*TASK DESCRIPTION*:
Take the lines below beginning at the line that has "deleted = add_word t.deleted s.delete_ops;" and stopping after the line that has "create_ops = f.fadd", and print them exactly as they are, with no other lines.

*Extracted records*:
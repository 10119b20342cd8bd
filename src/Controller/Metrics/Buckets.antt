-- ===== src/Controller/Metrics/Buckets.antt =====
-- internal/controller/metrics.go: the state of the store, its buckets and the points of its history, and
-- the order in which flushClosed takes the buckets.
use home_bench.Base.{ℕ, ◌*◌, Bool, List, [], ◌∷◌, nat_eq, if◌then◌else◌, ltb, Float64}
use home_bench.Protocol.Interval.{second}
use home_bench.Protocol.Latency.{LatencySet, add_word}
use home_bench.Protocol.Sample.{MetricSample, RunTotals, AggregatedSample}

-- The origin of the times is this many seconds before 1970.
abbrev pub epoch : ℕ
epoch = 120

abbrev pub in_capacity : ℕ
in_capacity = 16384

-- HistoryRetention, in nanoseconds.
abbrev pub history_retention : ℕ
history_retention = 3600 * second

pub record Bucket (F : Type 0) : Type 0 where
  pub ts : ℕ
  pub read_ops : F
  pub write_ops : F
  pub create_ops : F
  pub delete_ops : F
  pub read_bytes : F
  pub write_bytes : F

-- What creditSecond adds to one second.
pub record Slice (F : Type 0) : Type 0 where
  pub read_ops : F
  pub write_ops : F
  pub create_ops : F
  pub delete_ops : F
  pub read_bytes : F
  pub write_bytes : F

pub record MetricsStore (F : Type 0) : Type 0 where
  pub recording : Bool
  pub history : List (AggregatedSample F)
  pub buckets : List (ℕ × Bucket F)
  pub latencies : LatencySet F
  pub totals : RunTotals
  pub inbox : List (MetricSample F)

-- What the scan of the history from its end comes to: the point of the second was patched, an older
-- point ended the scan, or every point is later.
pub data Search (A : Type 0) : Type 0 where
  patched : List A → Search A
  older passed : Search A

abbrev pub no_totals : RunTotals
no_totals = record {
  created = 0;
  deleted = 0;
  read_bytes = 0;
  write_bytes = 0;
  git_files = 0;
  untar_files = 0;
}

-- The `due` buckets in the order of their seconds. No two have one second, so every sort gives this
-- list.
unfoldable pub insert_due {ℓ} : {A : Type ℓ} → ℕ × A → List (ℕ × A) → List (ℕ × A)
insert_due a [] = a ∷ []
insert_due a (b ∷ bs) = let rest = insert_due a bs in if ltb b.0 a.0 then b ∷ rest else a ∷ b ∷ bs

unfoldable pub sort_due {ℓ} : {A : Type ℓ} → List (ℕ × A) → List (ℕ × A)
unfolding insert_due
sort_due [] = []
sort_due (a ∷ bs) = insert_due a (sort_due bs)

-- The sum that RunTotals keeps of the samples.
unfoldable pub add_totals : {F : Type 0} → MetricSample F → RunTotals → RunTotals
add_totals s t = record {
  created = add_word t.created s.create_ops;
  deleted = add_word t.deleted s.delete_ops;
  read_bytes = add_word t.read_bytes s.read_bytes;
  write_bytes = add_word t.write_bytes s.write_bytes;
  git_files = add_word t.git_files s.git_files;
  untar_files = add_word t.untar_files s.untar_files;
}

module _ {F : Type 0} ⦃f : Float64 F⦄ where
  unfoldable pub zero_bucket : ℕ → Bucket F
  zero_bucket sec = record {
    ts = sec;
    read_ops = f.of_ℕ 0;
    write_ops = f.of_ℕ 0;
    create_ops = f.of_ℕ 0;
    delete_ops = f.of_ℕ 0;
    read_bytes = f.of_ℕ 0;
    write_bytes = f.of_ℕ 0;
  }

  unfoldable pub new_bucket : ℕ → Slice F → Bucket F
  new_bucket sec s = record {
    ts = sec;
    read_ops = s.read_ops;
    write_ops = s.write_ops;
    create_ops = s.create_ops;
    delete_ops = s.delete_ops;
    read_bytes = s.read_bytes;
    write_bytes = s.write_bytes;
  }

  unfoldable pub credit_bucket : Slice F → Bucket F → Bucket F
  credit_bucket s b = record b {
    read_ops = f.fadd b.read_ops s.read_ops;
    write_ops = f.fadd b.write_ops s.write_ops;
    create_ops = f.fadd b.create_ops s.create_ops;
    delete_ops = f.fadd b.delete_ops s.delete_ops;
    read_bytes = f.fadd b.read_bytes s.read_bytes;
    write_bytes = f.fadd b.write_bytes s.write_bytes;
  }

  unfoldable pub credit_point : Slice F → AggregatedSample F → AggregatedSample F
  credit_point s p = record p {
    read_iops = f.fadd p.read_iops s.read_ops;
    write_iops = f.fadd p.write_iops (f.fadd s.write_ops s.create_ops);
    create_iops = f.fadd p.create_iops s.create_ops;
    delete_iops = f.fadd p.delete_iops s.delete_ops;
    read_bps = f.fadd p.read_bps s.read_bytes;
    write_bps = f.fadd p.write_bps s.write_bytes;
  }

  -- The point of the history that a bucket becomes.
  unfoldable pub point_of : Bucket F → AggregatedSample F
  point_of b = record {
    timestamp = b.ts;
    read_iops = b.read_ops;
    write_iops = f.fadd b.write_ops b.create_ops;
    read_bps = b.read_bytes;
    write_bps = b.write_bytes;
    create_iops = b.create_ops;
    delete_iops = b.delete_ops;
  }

*RESULT OF THE TASK*:
  deleted = add_word t.deleted s.delete_ops;
  read_bytes = add_word t.read_bytes s.read_bytes;
  write_bytes = add_word t.write_bytes s.write_bytes;
  git_files = add_word t.git_files s.git_files;
  untar_files = add_word t.untar_files s.untar_files;
}

module _ {F : Type 0} ⦃f : Float64 F⦄ where
  unfoldable pub zero_bucket : ℕ → Bucket F
  zero_bucket sec = record {
    ts = sec;
    read_ops = f.of_ℕ 0;
    write_ops = f.of_ℕ 0;
    create_ops = f.of_ℕ 0;
    delete_ops = f.of_ℕ 0;
    read_bytes = f.of_ℕ 0;
    write_bytes = f.of_ℕ 0;
  }

  unfoldable pub new_bucket : ℕ → Slice F → Bucket F
  new_bucket sec s = record {
    ts = sec;
    read_ops = s.read_ops;
    write_ops = s.write_ops;
    create_ops = s.create_ops;
    delete_ops = s.delete_ops;
    read_bytes = s.read_bytes;
    write_bytes = s.write_bytes;
  }

  unfoldable pub credit_bucket : Slice F → Bucket F → Bucket F
  credit_bucket s b = record b {
    read_ops = f.fadd b.read_ops s.read_ops;
    write_ops = f.fadd b.write_ops s.write_ops;
    create_ops = f.fadd b.create_ops s.create_ops;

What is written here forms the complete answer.